The book was published on September 1, 2010, and is available in three formats: paperback, hardcover, and turtleback. Half the proceeds from book sales go to ITW, whereas the other half goes to Reading is Fundamental (RIF), a non-profit literacy organization. In 2010, RIF hosted a party celebrating the release of the book in New York City.

Jennifer Allison's story, "The Perfects", was partly inspired by an old Victorian house she passed each morning on her way to school. "Ray Gun" was Tim Maleeny's first story for young adults.

==Reception==
Critical reception for the book was positive. An unknown contributor from Kirkus Reviews felt that the stories in the anthology were highly suspenseful, inventive, easy to understand, and fast-paced.
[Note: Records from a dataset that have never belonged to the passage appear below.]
-- ===== src/ResetSafety/Coordinator/Tests.antt =====
-- A coordinator of one vehicle on concrete numbers, and each theorem at it.
use xgc2_ugv_controller.Base.{
  and_then, ℕ, ◌*◌, ◌+◌, ◌^◌, true, false, ℤ, pos, List, [], ◌∷◌, ◌≡◌, refl,
}
use xgc2_ugv_controller.Floating.Fixed.{fixed_double}
use xgc2_ugv_controller.ResetClient.Protocol.{
  Session, Phase, GrantState, Reason, default_session, default_pose, default_grant,
}
use xgc2_ugv_controller.ResetSafety.Planner.{Planner, PlannerDecision}
use xgc2_ugv_controller.ResetSafety.Coordinator.{Coordinator, CoordinatorConfig, on_session}
use xgc2_ugv_controller.ResetSafety.Coordinator.Step.{
  Turn, keep_alive, refusal_text, says_reject, step_coordinator,
}
use xgc2_ugv_controller.ResetSafety.Coordinator.Events.{
  Event, handle_all, new_coordinator, handle_all-IsSent,
}
use xgc2_ugv_controller.ResetSafety.Coordinator.Publications.{AllSound, on_session-AllSound}
use xgc2_ugv_controller.ResetSafety.Coordinator.Turns.Rounds.{IsSent, step_coordinator-IsSent}
use xgc2_ugv_controller.Base.{Option, none, some, not, ◌||◌}
use xgc2_ugv_controller.Floating.{◌≺◌}
use xgc2_ugv_controller.ResetSafety.Coordinator.{Entry, find_entry, has_value, new_entry}
use xgc2_ugv_controller.ResetSafety.Coordinator.Vehicles.{lost, participant, outside, scope_ready}
use xgc2_ugv_controller.ResetSafety.Coordinator.Scope.{make_coordinator, normalized}
use xgc2_ugv_controller.ResetSafety.Coordinator.Scope.Names.{
  Constructed, make_coordinator-Constructed,
}
use xgc2_ugv_controller.ResetSafety.Coordinator.Deadline.{
  next_deadline, deadline_of, repeat_deadline, repeats,
}
use xgc2_ugv_controller.ResetSafety.Coordinator.Deadline.Quiet.{next_deadline-keep_alive}

abbrev tenth : ℕ → ℤ
tenth n = pos (n * 10 ^ 8)

abbrev decision : PlannerDecision ℤ
decision = record {
  id = "ugv1";
  session = 1;
  request_generation = 1;
  state = GrantState.brake;
  reason = Reason.none;
  detail = "";
  blockers = [];
  grant_id = 1;
  start = default_pose;
  goal = default_pose;
  final_move = true;
  ell_plan = tenth 0;
  via = [];
  s_limit = tenth 0;
}

-- A planner that brakes the vehicle, and counts the ids that it gives.
abbrev braking : Planner ℤ ℕ
braking = record {
  update = λ now vehicles admit p. some (p, decision ∷ []);
  report = λ p. [];
  allocate_grant_id = λ p. some (p + 1, p + 1);
  set_world = λ statics fence p. p;
  next_deadline = λ admit p. fixed_double.infinity;
}

abbrev config : CoordinatorConfig ℤ
config = record {
  expected_namespaces = "ugv1" ∷ [];
  lost_after = tenth 30;
  refresh_period = tenth 4;
  ttl = tenth 10;
  moving_speed = tenth 1;
}

abbrev alone : Coordinator ℤ ℕ
alone = record {
  config = config;
  planner = 1;
  entries = [];
  scene_authored = false;
  scene_available = true;
}

abbrev request : Session ℤ
request = record default_session {
  session = 1;
  request_generation = 1;
  publication_seq = 1;
  phase = Phase.requesting;
  healthy = true;
}

abbrev asked : Coordinator ℤ ℕ
asked = on_session "ugv1" request (tenth 1) alone

alone-AllSound : AllSound alone.entries
unfolding AllSound
alone-AllSound = _

on_session-AllSound_example : AllSound (on_session "ugv1" request (tenth 1) alone).entries
on_session-AllSound_example = on_session-AllSound "ugv1" request (tenth 1) alone alone-AllSound

step_coordinator-IsSent_example : IsSent (step_coordinator braking (tenth 2) asked)
step_coordinator-IsSent_example =
    step_coordinator-IsSent braking (tenth 2) asked
      (on_session-AllSound "ugv1" request (tenth 1) alone alone-AllSound)

abbrev history : List (Event ℤ)
history =
    Event.shows true true ∷ Event.reports "ugv1" request (tenth 1) ∷ Event.ticks (tenth 2) ∷ []

handle_all-IsSent_example : IsSent (
    and_then
      (handle_all braking history (new_coordinator braking config 1 false true))
      (step_coordinator braking (tenth 7)))
handle_all-IsSent_example = handle_all-IsSent braking config 1 false true history (tenth 7)

-- A vehicle that was told to brake at 0.1 s.
abbrev told : Entry ℤ
told = record new_entry {
  session = request;
  received = tenth 1;
  last =
      some (record { grant = record default_grant { state = GrantState.brake }; sent = tenth 1 });
}

abbrev braked : Coordinator ℤ ℕ
braked = record alone { entries = ("ugv1", told) ∷ [] }

abbrev beginning : Turn ℤ ℕ
beginning = record { planner = 1; entries = braked.entries; sent = []; out = [] }

repeated_at_half_a_second : next_deadline braking (tenth 2) braked ≡ fixed_double.next_up (tenth 5)
unfolding next_deadline deadline_of repeat_deadline repeats lost participant outside scope_ready
repeated_at_half_a_second = refl

three_is_before : (fixed_double.next_up (tenth 3) ≺ next_deadline braking (tenth 2) braked) ≡ true
three_is_before = rw repeated_at_half_a_second refl

told_is_known : find_entry "ugv1" braked.entries ≡ some told
unfolding find_entry
told_is_known = refl

told_is_accepted :
    (not (has_value told.bad_reason || outside braked.config "ugv1")
      || says_reject braking braked.config
          (tenth 3)
          (refusal_text braking braked.config (tenth 3) told.bad_reason)
          told.last)
    ≡ true
unfolding outside
told_is_accepted = refl

next_deadline-keep_alive_example :
    keep_alive braking braked.config (tenth 3) "ugv1" beginning ≡ some beginning
next_deadline-keep_alive_example =
    next_deadline-keep_alive braking (tenth 2) (tenth 3) braked "ugv1" told beginning refl
      three_is_before told_is_known told_is_known told_is_accepted

abbrev two_names : CoordinatorConfig ℤ
two_names = record config { expected_namespaces = "ugv2" ∷ "ugv1" ∷ [] }

abbrev repeated_names : CoordinatorConfig ℤ
repeated_names = record config { expected_namespaces = "ugv2" ∷ "ugv1" ∷ "ugv2" ∷ [] }

abbrev rooted_names : CoordinatorConfig ℤ
rooted_names = record config { expected_namespaces = "/ugv1" ∷ [] }

repeated_names_throw : ◌≡◌ {A = Option (Coordinator ℤ ℕ)} (make_coordinator repeated_names 1) none
unfolding make_coordinator normalized
repeated_names_throw = refl

rooted_names_throw : ◌≡◌ {A = Option (Coordinator ℤ ℕ)} (make_coordinator rooted_names 1) none
unfolding make_coordinator normalized
rooted_names_throw = refl

make_coordinator-Constructed_example : Constructed {P = ℕ} two_names (make_coordinator two_names 1)
make_coordinator-Constructed_example = make_coordinator-Constructed two_names 1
Benjamin Boche from TeenReads.com stated that "some of the tales aren’t for the faint of heart, some deal with the intricacies of what science can do, and some are just plain creepy." School Library Journals Joy Fleishhacker said the book incorporated "a pleasing mix of genres, hair-raising events, and deftly drawn protagonists," and that "each tale is fresh and unique while still falling within the compilation's creep-me-out confines." She also felt that the stories in the anthology were surprising and enticing.

Daniel Kraus from Booklist stated that this anthology contained "uninspired entries" although it "keeps the reading level consistent, which makes it a good entry point for reluctant readers moving on from Stine’s own oeuvre". He thought the best story was "Tuition" by Walter Sorrells, but also felt Suzanne Weyn's "Suckers" and "Piney Power" by F. Paul Wilson were worthy of notice. Dawn Crowne from RT Book Reviews recommended the stories to those who like reading about urban legends.